We are silent again.
‘I like you,’ he says, reaching for my hand and his eyes give me another shock. But still I do not blush.
I put my head on his leg and close my eyes.
‘I was wondering,’ he says. ‘Do you want to escape with me? We could take the rest of the day off, go to one of those one-hour photo places together.’
‘Why not,’ I say, pretending to be casual just like him. ‘Let’s go.’
I move quickly to prove I’m keen, and to my amazement, I keep holding his hand.
‘Maybe we could get a coffee,’ he says.
‘I was just about to think that,’ I say, smiling, and watch as one side of his face lights up more than the other.

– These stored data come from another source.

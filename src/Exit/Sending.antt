-- ===== src/Exit/Sending.antt =====
-- The submission and the reconciliation of an exit order rewrite its own log only.
use Prim.Native.String.{String}
use mathlib.Core.Path.{subst}
use text.Mathlib.TextEquality.{eq_iff}
use auto_coin_bot.Common.{
  ℕ, ◌≡◌, refl, ◌∙◌, Bool, true, false, Option, none, some, List, [], ◌∷◌, Bool-cases, inl, inr,
  if◌then◌else◌, ◌==◌, select_first-holds,
}
use auto_coin_bot.Common.Float.{Float}
use auto_coin_bot.Common.Table.{str_eq}
use auto_coin_bot.Slots
use auto_coin_bot.Slots.{has_id}
use auto_coin_bot.Exit.Rows
use auto_coin_bot.Exit.Rows.{Position, Candidate, Log, Store, OrderStatus, RiskResult, is_open}
use auto_coin_bot.Exit.Store
use auto_coin_bot.Exit.Store.{has_request, is_open_exit_of, get_live_order_log, has_open_exit_order}
use auto_coin_bot.Exit.Reconcile
use auto_coin_bot.Exit.Reconcile.{Exchange, Placed, Fetched, Raised}
use auto_coin_bot.Exit.Submit
use auto_coin_bot.Exit.Rewrites.{
  Rewrites, unchanged, Rewrites-trans, update-Rewrites, sync-Rewrites,
}
use auto_coin_bot.Recovery.{RawOrder}

module _ {F : Type 0} ⦃num : Float F⦄ where
  pub found_id :
      (id : String) (s : Store F) {l : Log F} → get_live_order_log id s ≡ some l → l.request_id ≡ id
  unfolding get_live_order_log
  found_id id s {l} h = (eq_iff l.request_id id).0 (select_first-holds (has_request id) s.logs h)

  pub mark_candidate_of-logs :
      (id : Option ℕ) (st : OrderStatus) (result : RiskResult) (s : Store F)
      → (Reconcile.mark_candidate_of id st result s).logs ≡ s.logs
  unfolding Store.update_exit_candidate
  mark_candidate_of-logs none st result s = refl
  mark_candidate_of-logs (some id) st result s = refl

  mark_position-logs :
      (p : Option (Position F)) (st : Slots.Status) (s : Store F)
      → (Submit.mark_position p st s).logs ≡ s.logs
  unfolding Store.update_live_position
  mark_position-logs none st s = refl
  mark_position-logs (some p) st s = refl

  pub choice-logs :
      (b : Bool) (s t : Store F) → t.logs ≡ s.logs → (if b then s else t).logs ≡ s.logs
  choice-logs true s t h = refl
  choice-logs false s t h = h

  close_others-logs :
      (uuid : String) (own : ℕ) (ids : List ℕ) (s : Store F)
      → (Submit.close_others uuid own ids s).logs ≡ s.logs
  unfolding Submit.close_others Store.update_live_position
  close_others-logs uuid own [] s = refl
  close_others-logs uuid own (id ∷ ids) s =
      close_others-logs uuid own ids _
      ∙ choice-logs (id == own) s (Store.update_live_position id _ s) refl

  close_positions-logs :
      (uuid : String) (ids : List ℕ) (p : Option (Position F)) (s : Store F)
      → (Submit.close_positions uuid ids p s).logs ≡ s.logs
  unfolding Submit.close_positions Store.update_live_position
  close_positions-logs uuid ids none s = refl
  close_positions-logs uuid ids (some p) s = close_others-logs uuid p.id ids _

  reconcile_with-Rewrites :
      (l : Log F) (raw : RawOrder F) (s : Store F)
      → Rewrites l.request_id s (Reconcile.reconcile_with l raw s)
  unfolding Reconcile.reconcile_with
  reconcile_with-Rewrites l raw s =
      Rewrites-trans l.request_id s _ _ (update-Rewrites l.request_id _ s (λ m. (refl, refl, refl)))
        (Rewrites-trans l.request_id _ _ _
          (unchanged l.request_id _ _ (mark_candidate_of-logs l.exit_candidate_id _ _ _))
          (sync-Rewrites l _ _ _))

  after_fetch-Rewrites :
      (l : Log F) (answer : Fetched F) (s : Store F)
      → Rewrites l.request_id s (Reconcile.after_fetch l answer s).0
  unfolding Reconcile.after_fetch
  after_fetch-Rewrites l (Reconcile.found raw) s = reconcile_with-Rewrites l raw s
  after_fetch-Rewrites l Reconcile.fetch_timed_out s = unchanged l.request_id s s refl
  after_fetch-Rewrites l Reconcile.fetch_failed s = unchanged l.request_id s s refl

  by_uuid-Rewrites :
      (e : Exchange F) (l : Log F) (uuid : Option String) (s : Store F)
      → Rewrites l.request_id s (Reconcile.reconcile_by_uuid e l uuid s).0
  unfolding Reconcile.reconcile_by_uuid
  by_uuid-Rewrites e l none s = unchanged l.request_id s s refl
  by_uuid-Rewrites e l (some uuid) s = elim (Bool-cases (Rows.is_exit l.purpose)) [
    | inl k ↦ rw k (after_fetch-Rewrites l (e.get_order uuid) s)
    | inr k ↦ rw k (unchanged l.request_id s s refl)
  ]

  reconcile_found-Rewrites :
      (e : Exchange F) (id : String) (o : Option (Log F)) (s : Store F)
      → get_live_order_log id s ≡ o
      → Rewrites id s (Reconcile.reconcile_found e o s).0
  unfolding Reconcile.reconcile_found
  reconcile_found-Rewrites e id none s h = unchanged id s s refl
  reconcile_found-Rewrites e id (some l) s h =
      subst (λ i. Rewrites i s (Reconcile.reconcile_found e (some l) s).0) (found_id id s h)
        (by_uuid-Rewrites e l (Reconcile.uuid_of l.order_uuid) s)

  pub reconcile-Rewrites :
      (e : Exchange F) (id : String) (s : Store F)
      → Rewrites id s (Reconcile.reconcile_exit_order e id s).0
  unfolding Reconcile.reconcile_exit_order
  reconcile-Rewrites e id s = reconcile_found-Rewrites e id (get_live_order_log id s) s refl

  conclude-Rewrites :
      (l : Log F) (p : Option (Position F)) (s : Store F) (raised : Raised)
      → Rewrites l.request_id s (Submit.conclude l p s raised).0
  unfolding Submit.conclude Submit.on_timeout Submit.on_failure
  conclude-Rewrites l p s Reconcile.no = unchanged l.request_id s s refl
  conclude-Rewrites l p s Reconcile.timeout =
      Rewrites-trans l.request_id s _ _ (update-Rewrites l.request_id _ s (λ m. (refl, refl, refl)))
        (unchanged l.request_id _ _ (mark_candidate_of-logs l.exit_candidate_id _ _ _))
  conclude-Rewrites l p s Reconcile.other =
      Rewrites-trans l.request_id s _ _ (update-Rewrites l.request_id _ s (λ m. (refl, refl, refl)))
        (unchanged l.request_id _ _ (mark_position-logs p _ _))

  record_accepted-Rewrites :
      (l : Log F) (p : Option (Position F)) (uuid : String) (s : Store F)
      → Rewrites l.request_id s (Submit.record_accepted l p uuid s)
  unfolding Submit.record_accepted
  record_accepted-Rewrites l p uuid s =
      let s' =
        Store.update_live_order_log l.request_id
          (λ x. record x {
            status = OrderStatus.submitted;
            risk_result = Rows.allowed;
            order_uuid = some uuid;
          })
          s in
      Rewrites-trans l.request_id s s' _
        (update-Rewrites l.request_id _ s (λ m. (refl, refl, refl)))
        (unchanged l.request_id s' _ (
          close_positions-logs uuid l.aggregate_exit_position_ids p _
          ∙ mark_candidate_of-logs l.exit_candidate_id _ _ s'))

  read_status-Rewrites :
      (e : Exchange F) (uuid id : String) (s : Store F)
      → Rewrites id s (Submit.read_status e uuid id s).0
  read_status-Rewrites e uuid id s = elim (Bool-cases (str_eq uuid "")) [
    | inl k ↦ rw k (unchanged id s s refl)
    | inr k ↦ rw k (reconcile-Rewrites e id s)
  ]

  pub after_place-Rewrites :
      (e : Exchange F) (l : Log F) (p : Option (Position F)) (placed : Placed) (s : Store F)
      → Rewrites l.request_id s (Submit.after_place e l p placed s).0
  unfolding Submit.after_place
  after_place-Rewrites e l p (Reconcile.accepted uuid) s =
      Rewrites-trans l.request_id s _ _ (record_accepted-Rewrites l p uuid s) (
        Rewrites-trans l.request_id _ _ _ (read_status-Rewrites e uuid l.request_id _)
          (conclude-Rewrites l p _ _))
  after_place-Rewrites e l p Reconcile.timed_out s = conclude-Rewrites l p s Reconcile.timeout
  after_place-Rewrites e l p Reconcile.failed s = conclude-Rewrites l p s Reconcile.other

The photographs are developed and we go to a café to look at them. Tom is satisfied with the pictures I have taken of him.
‘You’re good at this,’ he says.
‘Thank you,’ I say, worried about the photographs I have taken of myself, sitting up in bed, using the camera’s self-timer.
‘It’s a photographic essay,’ I say. ‘It’s called “Insomnia”. I took them in the early hours of the morning when I couldn’t sleep. I look like a corpse. Except, of course, not.’ Cos a corpse gets lots of sleep, and I don’t.’
‘You couldn’t ever look awful,’ he says, looking into my eyes.
I wish that people I want to like wouldn’t say such stupid things and even though it’s Tom that should be ashamed of this corny line, I blush for the first time since we met. Unlike James, he looks away to let me recover, and I do, quickly. For this I like him.